# Saved data entries
◆ ◆ ◆ ◆

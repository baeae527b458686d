-- ===== src/Diff/Evidence.antt =====
-- src/core/diff.rs: the evidence behind the changes that a comparison reports.
use mathlib.Core.Path.{◌≡◌, refl, sym, ap, subst, ◌∙◌}
use mathlib.Core.List.{Memᴰ}
use mathlib.Core.Logic.{inl, inr}
use native.Mathlib.Omega.{arith}
use backupsage.Base.{
  true, Option, none, some, [], ◌∷◌, ◌++◌, map, any, filter, All, All-of, All-imp, All-and, All-map,
  All-append, ok, Bool-cases, Option-cases,
}
use backupsage.Base.Int.{ℤ}
use backupsage.Base.Order.{eqb, nat_ord, int_ord, list_ord, pair_ord, option_ord}
use backupsage.Base.SortedMap.{lookup, values, lookup-All, All-lookup}
use backupsage.Base.Sort.{All-sort_by}
use backupsage.Base.Members.{All-filter, filter-All}
use backupsage.Coverage.{Bytes}
use backupsage.Diff.Types.{Entry, Snapshot, Change, DiffReport}
use backupsage.Diff.Rows.{uncertain_name}
use backupsage.Diff.Compare.{
  Sides, Step, change, changes_of, left_step, right_step, moved_or_gone, moved_to, change_key,
  could_hold, used_ids, unused, lost_before, lost_after,
}
use backupsage.Diff.Report.{compare, sort_changes, report_of}
use backupsage.Diff.Runs.{Run, compare-Run, sides_of}
use backupsage.Diff.Unique.{unique_hashes-only}
use backupsage.Diff.Steps.{
  moved_to_checks, hash_of_has, only_one, has_of_hash, only_there, steps_used, step_at,
}
use backupsage.Diff.Visible.{IsAbsent, IsView, visible-IsView, view-IsAbsent}
use backupsage.Diff.Shown.{IsShown, IsShownChange, removed_shown, added_shown, matched_shown}

module _ (old new : Snapshot) (r : DiffReport) (run : Run old new r) where
  abbrev c : Sides
  c = sides_of old new run.left run.right run.before_hashes run.after_hashes

  abbrev Shown : Change → Type 0
  Shown = IsShownChange old new

  left-IsView : IsView old run.left
  left-IsView = visible-IsView old run.left run.left_eq

  right-IsView : IsView new run.right
  right-IsView = visible-IsView new run.right run.right_eq

  moved-Shown :
      (a b : Entry)
      → Memᴰ a old.entries
      → IsAbsent a.path new
      → moved_to c a ≡ some b
      → Shown (moved_or_gone c a (some b)).0
  unfolding change
  moved-Shown a b there gone h =
      let (hash, x, t, both, size, at_x, at_b, sizes, free, unclear) = moved_to_checks c a b h in
      let (s, only, all_old) = unique_hashes-only old run.before_hashes hash x run.before_eq at_x in
      let (s', only', all_new) = unique_hashes-only new run.after_hashes hash b run.after_eq at_b in
      let same = only_one hash old a x there (has_of_hash hash a t) only in
      let (there', has) = only_there hash new b only' in
      (
        hash,
        a,
        b,
        (there, there', refl, refl),
        both,
        (t, hash_of_has hash b has, sizes),
        size,
        (s, only ∙ ap (λ e. e ∷ []) (sym same), all_old),
        (s', only', all_new),
        gone,
        view-IsAbsent old run.left b.path left-IsView free unclear,
      )

  gone-Shown :
      (a : Entry) (o : Option Entry)
      → Memᴰ a old.entries
      → IsAbsent a.path new
      → moved_to c a ≡ o
      → Shown (moved_or_gone c a o).0
  gone-Shown a none there gone h = removed_shown old new a there gone
  gone-Shown a (some b) there gone h = moved-Shown a b there gone h

  left-Shown :
      (e : Bytes × Entry) → (e.1.path ≡ e.0) × Memᴰ e.1 old.entries → Shown (left_step c e).0
  unfolding left_step change
  left-Shown (path, a) (named, there) = elim (Option-cases (lookup path c.right)) [
    | inr (b, l) ↦
        let (named', there') =
          All-lookup (λ (x : Bytes × Entry). (x.1.path ≡ x.0) × Memᴰ x.1 new.entries) run.right path
            b right-IsView.named l in
        rw (l, left_step) (matched_shown old new c a b refl there there' (named ∙ sym named'))
    | inl n ↦
        rw (n, left_step)
          (elim (Bool-cases (could_hold c.right_u path)) [
            | inl y ↦ rw y tt
            | inr m ↦
                let gone =
                  subst (λ p. IsAbsent p new) (sym named)
                    (view-IsAbsent new run.right path right-IsView n m) in
                rw m (gone-Shown a (moved_to c a) there gone refl)
          ])
  ]

  -- An entry that no step used has a path that the earlier snapshot's view lacks.
  fresh-free :
      (b : Entry)
      → lookup b.path run.right ≡ some b
      → unused (used_ids (map (left_step c) run.left)) b ≡ true
      → lookup b.path run.left ≡ none
  fresh-free b at free = elim (Option-cases (lookup b.path run.left)) [
    | inl n ↦ n
    | inr (a, l) ↦
        let used =
          All-lookup
            (λ (x : Bytes × Entry).
              (id : ℤ)
              → (left_step c x).1 ≡ some id
              → any (eqb id) (used_ids (map (left_step c) run.left)) ≡ true)
            run.left b.path a (steps_used c run.left) l b.file_id (step_at c b.path a b at) in
        ground (arith, used, free)
  ]

  right-Shown :
      (b : Entry) → Memᴰ b new.entries → lookup b.path run.left ≡ none → Shown (right_step c b)
  unfolding right_step change
  right-Shown b there free = elim (Bool-cases (could_hold c.left_u b.path)) [
    | inl y ↦ rw y tt
    | inr m ↦
        rw m (added_shown old new b there (view-IsAbsent old run.left b.path left-IsView free m))
  ]

  -- The entries of the later snapshot's view, each under its path.
  right-values :
      All (λ b. Memᴰ b new.entries × (lookup b.path run.right ≡ some b)) (values run.right)
  right-values =
      All-map (λ b. Memᴰ b new.entries × (lookup b.path run.right ≡ some b))
        (λ (x : Bytes × Entry). x.1) run.right
        (All-imp (λ x ((named, there), at). (there, ap (λ p. lookup p run.right) named ∙ at))
          run.right
          (All-and _ _ run.right right-IsView.named (lookup-All run.right right-IsView.sorted)))

  changes-Shown : All Shown (changes_of c old.entries new.entries)
  unfolding changes_of change
  changes-Shown =
      let steps = map (left_step c) c.left in
      let is_fresh = unused (used_ids steps) in
      let fresh = filter is_fresh (values c.right) in
      let olds = map lost_before (filter uncertain_name old.entries) in
      let news = map lost_after (filter uncertain_name new.entries) in
      let fresh_facts =
        All-and _ _ fresh
          (All-filter (λ b. Memᴰ b new.entries × (lookup b.path run.right ≡ some b)) is_fresh
            (values c.right) right-values)
          (filter-All is_fresh (values c.right)) in
      All-append Shown (map (λ (s : Step). s.0) steps) (map (right_step c) fresh ++ (olds ++ news))
        (All-map Shown (λ (s : Step). s.0) steps
          (All-map (λ (s : Step). Shown s.0) (left_step c) c.left
            (All-imp left-Shown c.left left-IsView.named)))
        (All-append Shown (map (right_step c) fresh) (olds ++ news)
          (All-map Shown (right_step c) fresh (
            All-imp (λ b ((there, at), free). right-Shown b there (fresh-free b at free)) fresh
              fresh_facts))
          (All-append Shown olds news
            (All-map Shown lost_before (filter uncertain_name old.entries)
              (All-of (λ e. tt) (filter uncertain_name old.entries)))
            (All-map Shown lost_after (filter uncertain_name new.entries)
              (All-of (λ e. tt) (filter uncertain_name new.entries)))))

-- Every change of a report is backed by entries of the snapshots as its kind promises. An addition
-- is of an entry of the later snapshot whose path no entry of the earlier one has, or may have where
-- its name is uncertain, and the earlier one is complete; a removal the other way round. A move is
-- of two entries with one trusted hash and one size, not zero, each the only one with that hash in
-- its snapshot, which is complete and has trusted hashes only, where neither path is in the other
-- snapshot. `byte_identical` is of two entries with one path and equal trusted hashes, sizes, times
-- and modes. All of these need compatible snapshots.
pub compare-IsShown :
    (old new : Snapshot) (r : DiffReport)
    → compare old new ≡ ok r
    → All (λ c. IsShown old new c c.kind) r.changes
unfolding report_of sort_changes
compare-IsShown old new r e =
    let run = compare-Run old new r e in
    subst (λ x. All (IsShownChange old new) x.changes) (sym run.is_report)
      (subst (All (IsShownChange old new)) (sym run.changes_eq)
        (All-sort_by change_key (IsShownChange old new) _ (changes-Shown old new r run)))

◆ ◆ ◆ ◆

# WORK INSTRUCTIONS
In the entries above, identify every line with the word "snapshots". Copy those lines.

# RESPONSE TO THIS EXERCISE
-- Every change of a report is backed by entries of the snapshots as its kind promises. An addition
-- and modes. All of these need compatible snapshots.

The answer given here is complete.